*** Opening of SOURCE RECORDS ***

-- ===== src/Agent/Conversation/Exchanges.antt =====
-- The exchanges of a conversation of xiaoai-agent/src/main.rs, one round of it.
use xiaoai_agent.Prelude.{
  ℕ, ◌≡◌, refl, sym, ap, ◌∙◌, Bool, true, false, not, ◌&&◌, List, [], ◌∷◌, Option, none, some,
  if◌then◌else◌, Bool-cases, inl, inr, ◌⊎◌, ◌+◌, zero, suc, subst,
}
use xiaoai_agent.Agent.Speech.{sanitize_speech_text}
use xiaoai_agent.Agent.Turns.{
  note_end, AgentControl, AgentRuntime, AgentTurnResult, Attempt, trim, prompt_with_history,
  attempts_of, clear_control, push_history, finish_turn, try_attempts, run_turn,
}
use xiaoai_agent.Agent.Conversation.{
  Effect, spoke, led_listening, led_thinking, show_led, Round, Conversation, Next, listen_on, ended,
  failed, Capture, captured, capture_timeout, capture_failed, is_empty, is_blank, answer,
  reply_next, respond, recognise, capture_round, acknowledge, round, note,
}

-- The history that exchanges leave, the last exchange first.
abbrev pub entries : List (List ℕ × List ℕ) → List (List ℕ × List ℕ)
entries [] = []
entries ((command, reply) ∷ earlier) = push_history command reply (entries earlier)

abbrev pub all_heard : List (List ℕ × List ℕ) → Bool
all_heard [] = true
all_heard ((command, reply) ∷ earlier) = not (is_empty command) && all_heard earlier

-- The answers that are not blank.
abbrev pub replies : List (List ℕ × List ℕ) → List (List ℕ)
replies [] = []
replies ((command, reply) ∷ earlier) =
    if is_blank reply then replies earlier else reply ∷ replies earlier

-- What the loudspeaker spoke of the answers, the last first.
abbrev pub said : List Effect → List (List ℕ)
said [] = []
said (spoke text ∷ effects) = text ∷ said effects
said (e ∷ effects) = said effects

-- What is kept of a text of the model.
abbrev pub spoken_form : Bool → List ℕ → List ℕ
spoken_form is_hermes text = if is_hermes then sanitize_speech_text (trim text) else trim text

-- A command and its answer come from a round: the command is the trimmed transcript, and the answer is
-- what the model gave at some attempt to the command behind the exchanges before it.
abbrev pub IsExchange : Bool → Round → List (List ℕ × List ℕ) → List ℕ → List ℕ → Type 0
IsExchange is_hermes r earlier command reply =
    (transcript : List ℕ) × (r.transcript ≡ some transcript)
    × (command ≡ trim transcript)
    × (i : ℕ) × (text : List ℕ) × ((r.asks (prompt_with_history (entries earlier) command) i).reply
        ≡ some text)
    × (reply ≡ spoken_form is_hermes text)

-- One exchange for each round, both with the last first.
abbrev pub AreExchanges : Bool → List Round → List (List ℕ × List ℕ) → Type 0
AreExchanges is_hermes [] [] = Unit {0}
AreExchanges is_hermes (r ∷ past) ((command, reply) ∷ earlier) =
    IsExchange is_hermes r earlier command reply × AreExchanges is_hermes past earlier
AreExchanges is_hermes _ _ = ⊥

abbrev pub Recorded : Bool → List Round → Conversation → List (List ℕ × List ℕ) → Type 0
Recorded is_hermes past s exchanges =
    (s.agent.history ≡ entries exchanges)
    × (all_heard exchanges ≡ true)
    × AreExchanges is_hermes past exchanges

abbrev pub Faithful : Bool → List Round → Conversation → Type 0
Faithful is_hermes past s =
    (exchanges : List (List ℕ × List ℕ)) × Recorded is_hermes past s exchanges
    × (said s.effects ≡ replies exchanges)

-- What a round makes of the rounds before it.
abbrev pub Outcome : Bool → List Round → Round → Conversation × Next → Type 0
Outcome is_hermes past r (s, listen_on) = Faithful is_hermes (r ∷ past) s
Outcome is_hermes past r (s, ended) = s.agent.history ≡ []
Outcome is_hermes past r (s, failed) =
    (exchanges : List (List ℕ × List ℕ)) × (Recorded is_hermes past s exchanges
      ⊎ Recorded is_hermes (r ∷ past) s exchanges)

-- A reply of a turn, and the history with it.
Replied :
    Bool
    → (List ℕ → ℕ → Attempt)
    → List ℕ
    → AgentRuntime
    → AgentRuntime
    → Option AgentTurnResult
    → Type 0
Replied is_hermes asks message s t none = t.history ≡ s.history
Replied is_hermes asks message s t (some r) =
    (t.history ≡ push_history message r.text s.history)
    × (i : ℕ) × (text : List ℕ) × ((asks (prompt_with_history s.history message) i).reply
        ≡ some text)
    × (r.text ≡ spoken_form is_hermes text)

Tried : (ℕ → Attempt) → Option (List ℕ) → Type 0
Tried asks none = Unit {0}
Tried asks (some reply) =
    (i : ℕ) × (text : List ℕ) × ((asks i).reply ≡ some text) × (reply ≡ trim text)

attempt-Tried :
    (answer : Option (List ℕ)) (attempt : ℕ) (asks : ℕ → Attempt) (noted : AgentControl)
    (more : AgentControl × Option (List ℕ))
    → (asks attempt).reply ≡ answer
    → Tried asks more.1
    → Tried asks
        (elim answer as (λ _. AgentControl × Option (List ℕ)) [
          | some text ↦ (noted, some (trim text))
          | none ↦ more
        ]).1
unfolding Tried
attempt-Tried none attempt asks noted more at h = h
attempt-Tried (some text) attempt asks noted more at h = (attempt, text, at, refl)

try_attempts-Tried :
    (left attempt : ℕ) (asks : ℕ → Attempt) (control : AgentControl)
    → Tried asks (try_attempts left attempt asks control).1
unfolding try_attempts
try_attempts-Tried zero attempt asks control = unfold Tried in tt
try_attempts-Tried (suc left) attempt asks control =
    let noted = note_end (asks attempt).ends control in
    attempt-Tried (asks attempt).reply attempt asks noted
      (try_attempts left (attempt + 1) asks noted) refl
      (try_attempts-Tried left (attempt + 1) asks noted)

finish_turn-Replied :
    (is_hermes : Bool) (asks : List ℕ → ℕ → Attempt) (message : List ℕ) (s : AgentRuntime)
    (tried : AgentControl × Option (List ℕ))
    → Tried (asks (prompt_with_history s.history message)) tried.1
    → let (t, reply) = finish_turn is_hermes message s tried in
      Replied is_hermes asks message s t reply
unfolding Tried Replied
finish_turn-Replied is_hermes asks message s (control, none) h = refl
finish_turn-Replied is_hermes asks message s (control, some reply) (i, text, at, is) =
    (refl, i, text, at, ap (λ x. if is_hermes then sanitize_speech_text x else x) is)

run_turn-Replied :
    (is_hermes : Bool) (retries : ℕ) (asks : List ℕ → ℕ → Attempt) (message : List ℕ)
    (s : AgentRuntime)
    → let (t, reply) = run_turn is_hermes retries asks message s in
      Replied is_hermes asks message s t reply
unfolding run_turn
run_turn-Replied is_hermes retries asks message s =
    finish_turn-Replied is_hermes asks message s
      (try_attempts (attempts_of retries) 1 (asks (prompt_with_history s.history message))
        clear_control)
      (try_attempts-Tried (attempts_of retries) 1 (asks (prompt_with_history s.history message))
        clear_control)

if-Outcome :
    (h : Bool) (past : List Round) (r : Round) (b : Bool) (x y : Conversation × Next)
    → (b ≡ true → Outcome h past r x)
    → (b ≡ false → Outcome h past r y)
    → Outcome h past r (if b then x else y)
if-Outcome h past r true x y f g = f refl
if-Outcome h past r false x y f g = g refl

replies-blank :
    (command reply : List ℕ) (earlier : List (List ℕ × List ℕ)) (b : Bool)
    → is_blank reply ≡ b
    → replies ((command, reply) ∷ earlier)
      ≡ (if b then replies earlier else reply ∷ replies earlier)
replies-blank command reply earlier b h =
    ap (λ (blank : Bool). if blank then replies earlier else reply ∷ replies earlier) h

module _ (is_hermes : Bool) (past : List Round) where
  answer-Outcome :
      (r : Round) (speaks : Bool) (reply : AgentTurnResult) (s : Conversation) (command : List ℕ)
      (earlier : List (List ℕ × List ℕ))
      → Recorded is_hermes (r ∷ past) s ((command, reply.text) ∷ earlier)
      → said s.effects ≡ replies earlier
      → Outcome is_hermes past r (answer speaks reply s)
  unfolding answer
  answer-Outcome r speaks reply s command earlier recorded was =
      let all = (command, reply.text) ∷ earlier in
      if-Outcome is_hermes past r (is_blank reply.text) _ _
        (λ blank. (all, recorded, was ∙ sym (replies-blank command reply.text earlier true blank)))
        (λ some_text.
          if-Outcome is_hermes past r (not speaks) _ _ (λ mute. (all, inr recorded))
            (λ works.
              if-Outcome is_hermes past r reply.should_end _ _ (λ ends. refl)
                (λ goes_on. (
                  all,
                  recorded,
                  ap (reply.text ∷◌) was
                      ∙ sym (replies-blank command reply.text earlier false some_text),
                ))))

  reply-Outcome :
      (r : Round) (transcript : List ℕ) (s : Conversation) (earlier : List (List ℕ × List ℕ))
      (agent : AgentRuntime) (reply : Option AgentTurnResult)
      → r.transcript ≡ some transcript
      → is_blank transcript ≡ false
      → Recorded is_hermes past s earlier
      → said s.effects ≡ replies earlier
      → Replied is_hermes r.asks (trim transcript) s.agent agent reply
      → Outcome is_hermes past r (reply_next r.speaks (record s { agent = agent }) reply)
  unfolding Replied
  reply-Outcome r transcript s earlier agent none at heard recorded was replied =
      (earlier, inl (replied ∙ recorded.0, recorded.1, recorded.2))
  reply-Outcome r transcript s earlier agent (some reply) at heard recorded was
        (history, i, text, answers, is) =
      let command = trim transcript in
      answer-Outcome r r.speaks reply (record s { agent = agent }) command earlier
        (
          history ∙ ap (push_history command reply.text) recorded.0,
          ap (λ b. not b && all_heard earlier) heard ∙ recorded.1,
          (
            (
              transcript,
              at,
              refl,
              i,
              text,
              subst (λ entries. (r.asks (prompt_with_history entries command) i).reply ≡ some text)
                  recorded.0 answers,
              is,
            ),
            recorded.2,
          ),
        )
        was

  respond-Outcome :
      (retries : ℕ) (r : Round) (transcript : List ℕ) (s : Conversation)
      → r.transcript ≡ some transcript
      → Faithful is_hermes past s
      → Outcome is_hermes past r (respond is_hermes retries r transcript s)
  unfolding respond
  respond-Outcome retries r transcript s at (earlier, recorded, was) =
      if-Outcome is_hermes past r (is_blank transcript) _ _ (λ blank. refl)
        (λ heard.
          let (agent, reply) = run_turn is_hermes retries r.asks (trim transcript) s.agent in
          reply-Outcome r transcript s earlier agent reply at heard recorded was
            (run_turn-Replied is_hermes retries r.asks (trim transcript) s.agent))

  recognise-Outcome :
      (retries : ℕ) (r : Round) (transcript : Option (List ℕ)) (s : Conversation)
      → Faithful is_hermes past s
      → Outcome is_hermes past
          (record r { transcript = transcript })
          (recognise is_hermes retries (record r { transcript = transcript }) s)
  recognise-Outcome retries r none s (earlier, recorded, was) = (earlier, inl recorded)
  recognise-Outcome retries r (some transcript) s faithful =
      respond-Outcome retries (record r { transcript = some transcript }) transcript
        (note (show_led led_thinking) s) refl faithful

  capture-Outcome :
      (retries : ℕ) (r : Round) (capture : Capture) (streams : Bool) (s : Conversation)
      → Faithful is_hermes past s
      → Outcome is_hermes past
          (record r { capture = capture })
          (capture_round is_hermes retries (record r { capture = capture }) streams s)
  capture-Outcome retries r captured streams s faithful =
      recognise-Outcome retries (record r { capture = captured }) r.transcript s faithful
  capture-Outcome retries r capture_timeout streams s faithful = refl
  capture-Outcome retries r capture_failed true s (earlier, recorded, was) = (earlier, inl recorded)
  capture-Outcome retries r capture_failed false s (earlier, recorded, was) =
      (earlier, inl recorded)

  acknowledge-Faithful :
      (acknowledges : Bool) (s : Conversation)
      → Faithful is_hermes past s
      → Faithful is_hermes past (acknowledge acknowledges s)
  acknowledge-Faithful acknowledges s (earlier, recorded, was) =
      elim (Bool-cases (s.is_first_turn && acknowledges)) [
        | inl greets ↦ (earlier, rw greets recorded, rw greets was)
        | inr quiet ↦ (earlier, rw quiet recorded, rw quiet was)
      ]

  pub round-Outcome :
      (retries : ℕ) (acknowledges : Bool) (r : Round) (stream : Option Bool) (s : Conversation)
      → Faithful is_hermes past s
      → Outcome is_hermes past
          (record r { stream = stream })
          (round is_hermes retries acknowledges (record r { stream = stream }) s)
  unfolding round
  round-Outcome retries acknowledges r none s faithful =
      let (earlier, recorded, was) =
        acknowledge-Faithful acknowledges (note (show_led led_listening) s) faithful in
      (earlier, inl recorded)
  round-Outcome retries acknowledges r (some streams) s faithful =
      capture-Outcome retries (record r { stream = some streams }) r.capture streams
        (acknowledge acknowledges (note (show_led led_listening) s))
        (acknowledge-Faithful acknowledges (note (show_led led_listening) s) faithful)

*** Close of SOURCE RECORDS ***

TASK REQUIREMENTS
Produce a word-for-word copy of everything above from the line holding "past r (reply_next" down to the line holding "(earlier, inl (replied", with both of those lines kept.

SOLUTION TO THIS EXERCISE
      → Outcome is_hermes past r (reply_next r.speaks (record s { agent = agent }) reply)
  unfolding Replied
  reply-Outcome r transcript s earlier agent none at heard recorded was replied =
      (earlier, inl (replied ∙ recorded.0, recorded.1, recorded.2))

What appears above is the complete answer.